Le Courrier français
- Categories: News and commentary
- Founded: 1819
- Final issue: 1851
- Country: France
- Language: French

= Le Courrier français (1820–1851) =

Le Courrier français (/fr/) was a Liberal French journal that appeared from 1820 to 1851.

Following the Bourbon Restoration in 1814, when censorship was lifted the Doctrinaires were the only group without a political organ, since the Archives philosophiques had ceased publication. A group of writers and editors was formed to address the need including Pierre Paul Royer-Collard, de Barante, Jacques Claude Beugnot, François Guizot, Charles de Rémusat, Kératry and Narcisse-Achille de Salvandy. They founded Le Courrier on 21 June 1819 from the remains of the Annales politiques, which it immediately replaced.

The paper explained its mission in its first issue as being to combat the prejudices of the royalists and of the revolutionaries, to expose intrigues of both these parties, to carry the light of parties that supported the constitution, and to report the activities of politicians.
The goal was not practical due to the divisions among the doctrinaires, and the original society was dissolved in the first months of 1820.

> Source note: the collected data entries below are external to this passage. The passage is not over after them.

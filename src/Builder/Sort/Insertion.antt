-- ===== src/Builder/Sort/Insertion.antt =====
-- The loops of the sort over the array, as insertions into a sorted list held backwards.
use sputter_os.Prelude.{
  ℕ, suc, ◌+◌, ◌-◌, ◌≡◌, refl, ap, arith, List, [], ◌∷◌, if◌then◌else◌, ltb, Bool-cases, inl, inr,
  get_or, set, length, All,
}
use sputter_os.Builder.Sort.{sift, sort_loop, sort_tasks}

module _ {A : Type 0} where
  -- `rs` backwards, in front of `xs`.
  unfoldable pub back_onto : List A → List A → List A
  back_onto [] xs = xs
  back_onto (r ∷ rs) xs = back_onto rs (r ∷ xs)

  pub get_or-back_onto :
      (rs xs : List A) (i k : ℕ) (d : A)
      → k ≡ length rs + i
      → get_or (back_onto rs xs) k d ≡ get_or xs i d
  unfolding back_onto
  get_or-back_onto [] xs i k d e = ap (λ n. get_or xs n d) (omega arith)
  get_or-back_onto (r ∷ rs) xs i k d e = get_or-back_onto rs (r ∷ xs) (suc i) k d (omega arith)

  pub set-back_onto :
      (rs xs : List A) (i k : ℕ) (v : A)
      → k ≡ length rs + i
      → set (back_onto rs xs) k v ≡ back_onto rs (set xs i v)
  unfolding back_onto
  set-back_onto [] xs i k v e = ap (λ n. set xs n v) (omega arith)
  set-back_onto (r ∷ rs) xs i k v e = set-back_onto rs (r ∷ xs) (suc i) k v (omega arith)

  pub All-back_onto :
      (P : A → Type 0) (rs xs : List A) → All P rs → All P xs → All P (back_onto rs xs)
  unfolding back_onto
  All-back_onto P [] xs hr hx = hx
  All-back_onto P (r ∷ rs) xs (h, hr) hx = All-back_onto P rs (r ∷ xs) hr (h, hx)

module _ {T : Type 0} (priority : T → ℕ) where
  -- Into a list that is sorted from its end.
  unfoldable pub insert_back : T → List T → List T
  insert_back key [] = key ∷ []
  insert_back key (z ∷ rs) =
      let rest = insert_back key rs in
      if ltb (priority key) (priority z) then z ∷ rest else key ∷ z ∷ rs

  unfoldable pub insert_all : List T → List T → List T
  insert_all rs [] = rs
  insert_all rs (x ∷ xs) = insert_all (insert_back x rs) xs

  pub length-insert_back : (key : T) (rs : List T) → length (insert_back key rs) ≡ suc (length rs)
  unfolding insert_back
  length-insert_back key [] = refl
  length-insert_back key (z ∷ rs) = elim (Bool-cases (ltb (priority key) (priority z))) [
    | inl e ↦ rw e (ap suc (length-insert_back key rs))
    | inr e ↦ rw e refl
  ]

  pub sift-back_onto :
      (rs xs : List T) (x key : T)
      → sift priority (length rs) key (back_onto rs (x ∷ xs)) ≡ back_onto (insert_back key rs) xs
  unfolding sift insert_back back_onto
  sift-back_onto [] xs x key = refl
  sift-back_onto (z ∷ rs) xs x key =
      let before = get_or-back_onto rs (z ∷ x ∷ xs) 0 (length rs) key (omega arith) in
      let moved = set-back_onto rs (z ∷ x ∷ xs) 1 (suc (length rs)) z (omega arith) in
      let stored = set-back_onto rs (z ∷ x ∷ xs) 1 (suc (length rs)) key (omega arith) in
      elim (Bool-cases (ltb (priority key) (priority z))) [
        | inl e ↦ rw (sift, before, e, moved) (sift-back_onto rs (z ∷ xs) z key)
        | inr e ↦ rw (sift, before, e) stored
      ]

  pub sort_loop-back_onto :
      (dflt : T) (rs xs : List T)
      → sort_loop priority dflt (length xs) (length rs) (back_onto rs xs)
        ≡ back_onto (insert_all rs xs) []
  unfolding sort_loop insert_all
  sort_loop-back_onto dflt rs [] = refl
  sort_loop-back_onto dflt rs (x ∷ xs) =
      let next = get_or-back_onto rs (x ∷ xs) 0 (length rs) dflt (omega arith) in
      let step = sift-back_onto rs xs x x in
      let longer : length rs + 1 ≡ length (insert_back x rs) =
        rw (length-insert_back x rs) (omega arith) in
      rw (sort_loop, next, step, longer) (sort_loop-back_onto dflt (insert_back x rs) xs)

  pub sort_tasks-insert_all :
      (dflt : T) (xs : List T) → sort_tasks priority dflt xs ≡ back_onto (insert_all [] xs) []
  unfolding sort_tasks sort_loop insert_all insert_back back_onto
  sort_tasks-insert_all dflt [] = refl
  sort_tasks-insert_all dflt (x ∷ xs) =
      let count : suc (length xs) - 1 ≡ length xs = omega arith in
      rw (sort_tasks, count) (sort_loop-back_onto dflt (x ∷ []) xs)

  length-back_onto : (rs xs : List T) → length (back_onto rs xs) ≡ length rs + length xs
  unfolding back_onto
  length-back_onto [] xs = omega arith
  length-back_onto (r ∷ rs) xs = omega (arith, length-back_onto rs (r ∷ xs))

  length-insert_all : (rs xs : List T) → length (insert_all rs xs) ≡ length rs + length xs
  unfolding insert_all
  length-insert_all rs [] = omega arith
  length-insert_all rs (x ∷ xs) =
      omega (arith, length-insert_all (insert_back x rs) xs, length-insert_back x rs)

  pub length-sort_tasks :
      (dflt : T) (xs : List T) → length (sort_tasks priority dflt xs) ≡ length xs
  length-sort_tasks dflt xs =
      rw (sort_tasks-insert_all dflt xs)
        (omega (arith, length-back_onto (insert_all [] xs) [], length-insert_all [] xs))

The paper changed its name to Le Courrier français with the issue of 1 February 1820. It merged with the Renommée. Subsequent writers or editors included Chatelain, Benjamin Constant, Étienne de Jouy, Jean-Pierre Pagès, Casimir Pierre Périer, Louis Marie de Lahaye de Cormenin, Dominique Dufour de Pradt, François-Adolphe Chambolle, Léon Faucher, Fréderic Bastiat Xavier Durrieu and the exiled Swedish regicide Adolph de Leuven (Ribbing). The Italian journalist Ferdinando Petruccelli della Gattina was another renowned collaborator.
Le Courrier français became a leading journal, with a reputation for integrity and conviction. It exercised great influence until the end of the restoration and for a few years after 1830. It then went into decline. The last issue appeared on 14 March 1851.